- From: Florian Rivoal <florian@rivoal.net>
- Date: Mon, 23 Mar 2015 09:17:32 +0100
- To: fantasai <fantasai.lists@inkedblade.net>
- Cc: "Tab Atkins Jr." <jackalmage@gmail.com>, www-style list <www-style@w3.org>
> On 23 Mar 2015, at 01:43, fantasai <fantasai.lists@inkedblade.net> wrote:
>
> On 03/20/2015 01:44 PM, Florian Rivoal wrote:
>>
>>> On 20 Mar 2015, at 18:52, Tab Atkins Jr. <jackalmage@gmail.com> wrote:
>>>
>>> On Fri, Mar 20, 2015 at 4:34 AM, Florian Rivoal <florian@rivoal.net> wrote:
>>>> One of the downside of this is that it requires double parentheses in simple cases:
>>>>
>>>> @import "http://example.com/foo.css" supports((display:flex));
>>>>
>>>> It made sense to mandate the parentheses in the @support rule, but they seem overkill here, and is probably surprising for authors. We could do:
>>>>
>>>> @import <url> [ supports(<supports-condition> | <declaration>) ]? <media-query-list>? ;
>>>>
>>>> which would let you write:
>>>>
>>>> @import "http://example.com/foo.css" supports(display:flex);
>>>
>>> I think fantasai brought this up as well.
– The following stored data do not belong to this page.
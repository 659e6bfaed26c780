-- ===== src/Router/Matches.antt =====
-- Induction over the loops of `_matches` in oximqtt/src/router.rs: what every call of `add` of a
-- collector keeps, and what one call makes true, holds in the end.
use oximqtt.Base.{
  ℕ, zero, suc, ◌≡◌, refl, Bool, false, Option, none, some, List, [], ◌∷◌, ◌++◌, ok, All, arith,
  Bool-cases, Option-cases, Result-cases, inl, inr,
}
use mathlib.Core.List.{Memᴰ}
use oximqtt.Base.Bytes.{Bytes}
use oximqtt.Base.Maps.{lookup, set, bytes_key}
use oximqtt.Topic.{to_string}
use oximqtt.Trie.Iter.{Item}
use oximqtt.Subscription.{IdData, SubscriptionOptions, CollectorMap, Call, collect, shared_group}
use oximqtt.Router.{Relations, AllRelationsMap, or_empty}
use oximqtt.Router.Publish.{
  Candidate, candidate, candidates, Context, Groups, skips, push_candidate, direct_call,
  visit_relations, taken, group_call, deliver_chosen, select_groups, visit_filters,
}

-- Subject to `P`: the node, the filter, the client and the options of a call.
module _ (P : ℕ → Bytes → Bytes → SubscriptionOptions → Type 0) where
  abbrev pub IsCall : Call → Type 0
  IsCall c = P c.node_id c.topic_filter c.client_id c.opts

  abbrev pub IsCandidate : Bytes → Candidate → Type 0
  IsCandidate filter c = P c.node_id filter c.client_id c.opts

  abbrev pub AreGroups : Bytes → Groups → Type 0
  AreGroups filter gs = All (λ g. All (IsCandidate filter) g.1) gs

  All-append :
      {A : Type 0} (Q : A → Type 0) (xs ys : List A) → All Q xs → All Q ys → All Q (xs ++ ys)
  All-append Q [] ys h k = k
  All-append Q (x ∷ xs) ys h k = (h.0, All-append Q xs ys h.1 k)

  AreGroups-lookup :
      (filter group : Bytes) (gs : Groups)
      → AreGroups filter gs
      → All (IsCandidate filter) (candidates (lookup group gs))
  unfolding lookup
  AreGroups-lookup filter group [] h = tt
  AreGroups-lookup filter group ((g, cs) ∷ gs) h = elim (Bool-cases (bytes_key.beq g group)) [
    | inl b ↦ rw (lookup, b) h.0
    | inr b ↦ rw (lookup, b) (AreGroups-lookup filter group gs h.1)
  ]

  AreGroups-set :
      (filter group : Bytes) (cs : List Candidate) (gs : Groups)
      → All (IsCandidate filter) cs
      → AreGroups filter gs
      → AreGroups filter (set group cs gs)
  unfolding set
  AreGroups-set filter group cs [] k h = (k, tt)
  AreGroups-set filter group cs ((g, ds) ∷ gs) k h = elim (Bool-cases (bytes_key.beq g group)) [
    | inl b ↦ rw (set, b) (k, h.1)
    | inr b ↦ rw (set, b) (h.0, AreGroups-set filter group cs gs k h.1)
  ]

  AreGroups-push_candidate :
      (filter group : Bytes) (c : Candidate) (gs : Groups)
      → IsCandidate filter c
      → AreGroups filter gs
      → AreGroups filter (push_candidate group c gs)
  unfolding push_candidate
  AreGroups-push_candidate filter group c gs k h =
      let old = AreGroups-lookup filter group gs h in
      AreGroups-set filter group (candidates (lookup group gs) ++ (c ∷ [])) gs
        (All-append (IsCandidate filter) (candidates (lookup group gs)) (c ∷ []) old (k, tt)) h

  IsCandidate-taken :
      (filter : Bytes) (cs : List Candidate) (i : ℕ) (c : Candidate)
      → All (IsCandidate filter) cs
      → taken cs i ≡ some c
      → IsCandidate filter c
  IsCandidate-taken filter [] i c h e = absurd (ground arith)
  IsCandidate-taken filter (d ∷ cs) zero c h e = let q : d ≡ c = ground arith in rw (← q) h.0
  IsCandidate-taken filter (d ∷ cs) (suc i) c h e = IsCandidate-taken filter cs i c h.1 e

  -- The entries of a filter's relations that are not skipped.
  abbrev pub AreDue : IdData → Bytes → Relations → Type 0
  AreDue this_id filter rels =
      (client : Bytes) (id : IdData) (opts : SubscriptionOptions)
      → Memᴰ (client, (id, opts)) rels
      → skips this_id id opts ≡ false
      → P id.node_id filter client opts

  module _ (K : CollectorMap → Type 0)
      (step : (c : Call) (m : CollectorMap) → IsCall c → K m → K (collect c m)) where
    pub visit_relations-keeps :
        {S : Type 0} (ctx : Context S) (this_id : IdData) (filter : Bytes) (rels : Relations)
        (gs : Groups) (cm : CollectorMap)
        → AreDue this_id filter rels
        → AreGroups filter gs
        → K cm
        → AreGroups filter (visit_relations ctx this_id filter rels gs cm).0
          × K (visit_relations ctx this_id filter rels gs cm).1
    unfolding visit_relations
    visit_relations-keeps ctx this_id filter [] gs cm d g k = (g, k)
    visit_relations-keeps ctx this_id filter ((client, (id, opts)) ∷ rels) gs cm d g k =
        let due : AreDue this_id filter rels = λ c i o m. d c i o (Memᴰ.tail m) in
        elim (Bool-cases (skips this_id id opts)) [
          | inl b ↦
              rw (visit_relations, b) (visit_relations-keeps ctx this_id filter rels gs cm due g k)
          | inr b ↦
              let p = d client id opts (Memᴰ.head refl) b in
              elim (Option-cases (shared_group opts)) [
                | inl e ↦
                    rw (visit_relations, b, e)
                      (visit_relations-keeps ctx this_id filter rels gs
                        (collect (direct_call filter client id opts) cm) due g
                        (step (direct_call filter client id opts) cm p k))
                | inr (group, e) ↦
                    let c = candidate ctx client id opts in
                    rw (visit_relations, b, e)
                      (visit_relations-keeps ctx this_id filter rels (push_candidate group c gs) cm
                        due (AreGroups-push_candidate filter group c gs p g) k)
              ]
        ]

    deliver_chosen-keeps :
        (filter group : Bytes) (cs : List Candidate) (picked : Option (ℕ × Bool))
        (cm cm' : CollectorMap)
        → All (IsCandidate filter) cs
        → K cm
        → deliver_chosen filter group cs picked cm ≡ ok cm'
        → K cm'
    deliver_chosen-keeps filter group cs none cm cm' g k h =
        let q : cm ≡ cm' = ground arith in rw (← q) k
    deliver_chosen-keeps filter group cs (some (i, b)) cm cm' g k h =
        elim (Option-cases (taken cs i)) [
          | inl e ↦ absurd (ground arith)
          | inr (c, e) ↦
              let q : collect (group_call filter group b cs c) cm ≡ cm' = ground arith in
              rw (← q)
                (step (group_call filter group b cs c) cm (IsCandidate-taken filter cs i c g e) k)
        ]

    pub select_groups-keeps :
        {S : Type 0} (ctx : Context S) (this_id : IdData) (name filter : Bytes) (gs : Groups)
        (cm cm' : CollectorMap) (s s' : S)
        → AreGroups filter gs
        → K cm
        → select_groups ctx this_id name filter gs cm s ≡ ok (cm', s')
        → K cm'
    unfolding select_groups
    select_groups-keeps ctx this_id name filter [] cm cm' s s' g k h =
        let q : cm ≡ cm' = ground arith in rw (← q) k
    select_groups-keeps ctx this_id name filter ((group, cs) ∷ gs) cm cm' s s' g k h =
        let picked = ctx.choice group this_id name cs s in
        elim (Result-cases (deliver_chosen filter group cs picked.0 cm)) [
          | inr (e, q) ↦ (let h' = rw (select_groups, q) at h in absurd (ground arith))
          | inl (m, q) ↦
              select_groups-keeps ctx this_id name filter gs m cm' picked.1 s' g.1
                (deliver_chosen-keeps filter group cs picked.0 cm m g.0 k q)
                (rw (select_groups, q) at h)
        ]

    -- What every call keeps holds after the loop over the filters.
    pub visit_filters-keeps :
        {S : Type 0} (ctx : Context S) (this_id : IdData) (name : Bytes) (all : AllRelationsMap)
        (its : List (Item (Unit {0}))) (cm cm' : CollectorMap) (s s' : S)
        → ((it : Item (Unit {0}))
            → Memᴰ it its
            → AreDue this_id (to_string it.0) (or_empty (lookup (to_string it.0) all)))
        → K cm
        → visit_filters ctx this_id name all its cm s ≡ ok (cm', s')
        → K cm'
    unfolding visit_filters
    visit_filters-keeps ctx this_id name all [] cm cm' s s' d k h =
        let q : cm ≡ cm' = ground arith in rw (← q) k
    visit_filters-keeps ctx this_id name all ((levels, vs) ∷ its) cm cm' s s' d k h =
        let filter = to_string levels in
        let visited = visit_relations ctx this_id filter (or_empty (lookup filter all)) [] cm in
        let (g, k') =
          visit_relations-keeps ctx this_id filter (or_empty (lookup filter all)) [] cm
            (d (levels, vs) (Memᴰ.head refl)) tt k in
        elim (Result-cases (select_groups ctx this_id name filter visited.0 visited.1 s)) [
          | inr (e, q) ↦ (let h' = rw (visit_filters, q) at h in absurd (ground arith))
          | inl ((m, t), q) ↦
              visit_filters-keeps ctx this_id name all its m cm' t s' (λ it z. d it (Memᴰ.tail z))
                (select_groups-keeps ctx this_id name filter visited.0 visited.1 m s t g k' q)
                (rw (visit_filters, q) at h)
        ]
I can go either way, though
>>> I'll note that we explicitly rejected this for CSS.supports().
>>
>>
>> I forgot about that CSS.supports() is a little bit different though:
>>
>> CSS.supports("(display: flex)")
>>
>> The language boundary introduced by the quotes makes it a little bit less silly
>> in my mind to have to keep the parens.
>>
>> But I agree the difference isn't that strong.
>
> I think they're all silly and would prefer that we allowed dropping the
> unnecessary parens in all such cases.
I think they're both silly, and would agree with allowing dropping the unnecessary parens in both cases, but the lack of a language barrier in the case of @imports <url> supports(<supports-condition>); makes it more silly/surprising, so I care more about this one than the other.